- **Your objective**
A line below contains "(drop_over-All now es h)", and a later one contains "-- A user name". Repeat both, with every line between them, exactly.

- **Exercise materials**
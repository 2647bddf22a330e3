-- ===== src/Auth/Fresh.antt =====
-- What the token cache guarantees, and whom `IsRequiredSA` admits.
use mathlib.Core.Path.{subst}
use temenos.Base.{
  ℕ, ◌+◌, ◌≤◌, ◌≡◌, refl, ◌⊎◌, inl, inr, true, false, none, some, List, [], ◌∷◌, Bytes, bytes_eq,
  bytes_eq_iff, elem, All, arith, Result, ok, Bool-cases, Option-cases, Result-cases, sym, ap, ◌∙◌,
}
use temenos.Base.Assoc.{lookup, insert, delete}
use temenos.Auth.{
  AuthError, CacheEntry, TokenCache, is_over, drop_over, delete_expired, get, set, cached_validate,
  is_listed, is_required_sa, store,
}

is_listed-eq-elem : (u : Bytes) (sas : List Bytes) → is_listed u sas ≡ elem u sas
unfolding is_listed elem
is_listed-eq-elem u [] = refl
is_listed-eq-elem u (sa ∷ sas) =
    ground (arith, is_listed-eq-elem u sas, bytes_eq_iff u sa, bytes_eq_iff sa u)

module _ (review : ℕ → Bytes → Result AuthError Bytes) (ttl : ℕ) where
  -- The entry was confirmed by the review, and expires one ttl after that.
  abbrev pub IsConfirmed : Bytes × CacheEntry → Type 0
  IsConfirmed e = (t : ℕ) × (review t e.0 ≡ ok e.1.username) × (e.1.expires_at ≡ t + ttl)

  pub record IsHonest (c : TokenCache) : Type 0 where
    pub lifetime : c.ttl ≡ ttl
    pub confirmed : All IsConfirmed c.entries

  All-delete :
      (token : Bytes) (es : List (Bytes × CacheEntry))
      → All IsConfirmed es
      → All IsConfirmed (delete token es)
  unfolding delete
  All-delete token [] h = tt
  All-delete token ((j, e) ∷ es) (p, h) = elim (Bool-cases (bytes_eq j token)) [
    | inl same ↦ rw same (All-delete token es h)
    | inr other ↦ rw other (p, All-delete token es h)
  ]

  drop_over-All :
      (now : ℕ) (es : List (Bytes × CacheEntry))
      → All IsConfirmed es
      → All IsConfirmed (drop_over now es)
  unfolding drop_over
  drop_over-All now [] h = tt
  drop_over-All now ((j, e) ∷ es) (p, h) = elim (Bool-cases (is_over now e)) [
    | inl over ↦ rw over (drop_over-All now es h)
    | inr live ↦ rw live (p, drop_over-All now es h)
  ]

  lookup-IsConfirmed :
      (token : Bytes) (e : CacheEntry) (es : List (Bytes × CacheEntry))
      → All IsConfirmed es
      → lookup token es ≡ some e
      → IsConfirmed (token, e)
  unfolding lookup
  lookup-IsConfirmed token e [] h k = cc
  lookup-IsConfirmed token e ((j, d) ∷ es) (p, h) k = elim (Bool-cases (bytes_eq j token)) [
    | inl same ↦
        let (t, said, end) = p in
        let name : j ≡ token = (bytes_eq_iff j token).0 same in
        let entry : d ≡ e = ground arith in (t, cc, cc)
    | inr other ↦ lookup-IsConfirmed token e es h (rw (other, lookup) at k)
  ]

  -- A user name with its ground: the review gave it just now, or at most one ttl ago.
  abbrev pub IsFresh : ℕ → ℕ → Bytes → Bytes → Type 0
  IsFresh asked answered token username =
      (t : ℕ) × (review t token ≡ ok username) × ((t ≡ answered) ⊎ (asked ≤ t + ttl))

  store-IsHonest :
      (answered : ℕ) (token u : Bytes) (c : TokenCache)
      → IsHonest c
      → review answered token ≡ ok u
      → IsHonest (set answered token u c)
  unfolding set insert
  store-IsHonest answered token u c h said = record {
    lifetime = h.lifetime;
    confirmed = (
      (answered, said, ap (λ n. answered + n) h.lifetime),
      All-delete token c.entries h.confirmed,
    );
  }

  -- The three ways through the cached validator.
  module _ (asked answered : ℕ) (token : Bytes) (c : TokenCache) where
    cached_validate-absent :
        lookup token c.entries ≡ none
        → cached_validate review asked answered token c
          ≡ store answered token (review answered token) c
    unfolding cached_validate get
    cached_validate-absent h = ground arith

    cached_validate-over :
        (e : CacheEntry)
        → lookup token c.entries ≡ some e
        → is_over asked e ≡ true
        → cached_validate review asked answered token c
          ≡ store answered token
              (review answered token)
              (record c { entries = delete token c.entries })
    unfolding cached_validate get
    cached_validate-over e h k = ground arith

    cached_validate-live :
        (e : CacheEntry)
        → lookup token c.entries ≡ some e
        → is_over asked e ≡ false
        → cached_validate review asked answered token c ≡ (c, ok e.username)
    unfolding cached_validate get
    cached_validate-live e h k = ground arith

  -- The cache is honest after the call, and the name returned, if there is one, is fresh.
  abbrev pub Answers : ℕ → ℕ → Bytes → TokenCache × Result AuthError Bytes → Type 0
  Answers asked answered token r =
      IsHonest r.0 × ((u : Bytes) → r.1 ≡ ok u → IsFresh asked answered token u)

  store-Answers :
      (asked answered : ℕ) (token : Bytes) (c : TokenCache)
      → IsHonest c
      → Answers asked answered token (store answered token (review answered token) c)
  unfolding store set
  store-Answers asked answered token c h = elim (Result-cases (review answered token)) [
    | inl (u, said) ↦
        rw said
          (store-IsHonest answered token u c h said, λ v same. (answered, said ∙ same, inl refl))
    | inr (e, refused) ↦ rw refused (h, λ v same. cc)
  ]

  pub cached_validate-Answers :
      (asked answered : ℕ) (token : Bytes) (c : TokenCache)
      → IsHonest c
      → Answers asked answered token (cached_validate review asked answered token c)
  cached_validate-Answers asked answered token c h = elim (Option-cases (lookup token c.entries)) [
    | inl absent ↦
        subst (Answers asked answered token)
          (sym (cached_validate-absent asked answered token c absent))
          (store-Answers asked answered token c h)
    | inr (e, found) ↦ elim (Bool-cases (is_over asked e)) [
      | inl over ↦
          subst (Answers asked answered token)
            (sym (cached_validate-over asked answered token c e found over))
            (store-Answers asked answered token (record c { entries = delete token c.entries })
              (record {
                lifetime = h.lifetime;
                confirmed = All-delete token c.entries h.confirmed;
              }))
      | inr live ↦
          let (t, said, end) = lookup-IsConfirmed token e c.entries h.confirmed found in
          subst (Answers asked answered token)
            (sym (cached_validate-live asked answered token c e found live))
            (h, λ u same. (t, ground arith, inr (ground arith)))
    ]
  ]

  -- Every name that the cached validator returns was given by the review for this token, just now or
  -- at most one ttl before the cache was asked, if that is so of what is in the cache.
  pub cached_validate-IsFresh :
      (asked answered : ℕ) (token u : Bytes) (c : TokenCache)
      → IsHonest c
      → (cached_validate review asked answered token c).1 ≡ ok u
      → IsFresh asked answered token u
  cached_validate-IsFresh asked answered token u c h =
      (cached_validate-Answers asked answered token c h).1 u

  -- What is in the cache after a validation are names that the review gave, with the end of their
  -- time, if that was so before.
  pub cached_validate-IsHonest :
      (asked answered : ℕ) (token : Bytes) (c : TokenCache)
      → IsHonest c
      → IsHonest (cached_validate review asked answered token c).0
  cached_validate-IsHonest asked answered token c h =
      (cached_validate-Answers asked answered token c h).0

  -- The sweep keeps only entries that are not over, and all of them are confirmed still.
  pub delete_expired-IsHonest :
      (now : ℕ) (c : TokenCache)
      → IsHonest c
      → IsHonest (delete_expired now c)
        × All (λ e. now ≤ e.1.expires_at) (delete_expired now c).entries
  unfolding delete_expired
  delete_expired-IsHonest now c h = (
    record { lifetime = h.lifetime; confirmed = drop_over-All now c.entries h.confirmed },
    live c.entries,
  )
    where
      live : (es : List (Bytes × CacheEntry)) → All (λ e. now ≤ e.1.expires_at) (drop_over now es)
      live [] = unfold drop_over in tt
      live ((j, e) ∷ es) = unfold drop_over in ground (arith, live es)

-- `IsRequiredSA` admits exactly the names on a list that is not empty.
pub is_required_sa-eq-elem :
    (u sa : Bytes) (sas : List Bytes) → is_required_sa u (sa ∷ sas) ≡ elem u (sa ∷ sas)
unfolding is_required_sa
is_required_sa-eq-elem u sa sas = is_listed-eq-elem u (sa ∷ sas)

- **Written answer**
    | inl over ↦ rw over (drop_over-All now es h)
    | inr live ↦ rw live (p, drop_over-All now es h)
  ]

  lookup-IsConfirmed :
      (token : Bytes) (e : CacheEntry) (es : List (Bytes × CacheEntry))
      → All IsConfirmed es
      → lookup token es ≡ some e
      → IsConfirmed (token, e)
  unfolding lookup
  lookup-IsConfirmed token e [] h k = cc
  lookup-IsConfirmed token e ((j, d) ∷ es) (p, h) k = elim (Bool-cases (bytes_eq j token)) [
    | inl same ↦
        let (t, said, end) = p in
        let name : j ≡ token = (bytes_eq_iff j token).0 same in
        let entry : d ≡ e = ground arith in (t, cc, cc)
    | inr other ↦ lookup-IsConfirmed token e es h (rw (other, lookup) at k)
  ]

  -- A user name with its ground: the review gave it just now, or at most one ttl ago.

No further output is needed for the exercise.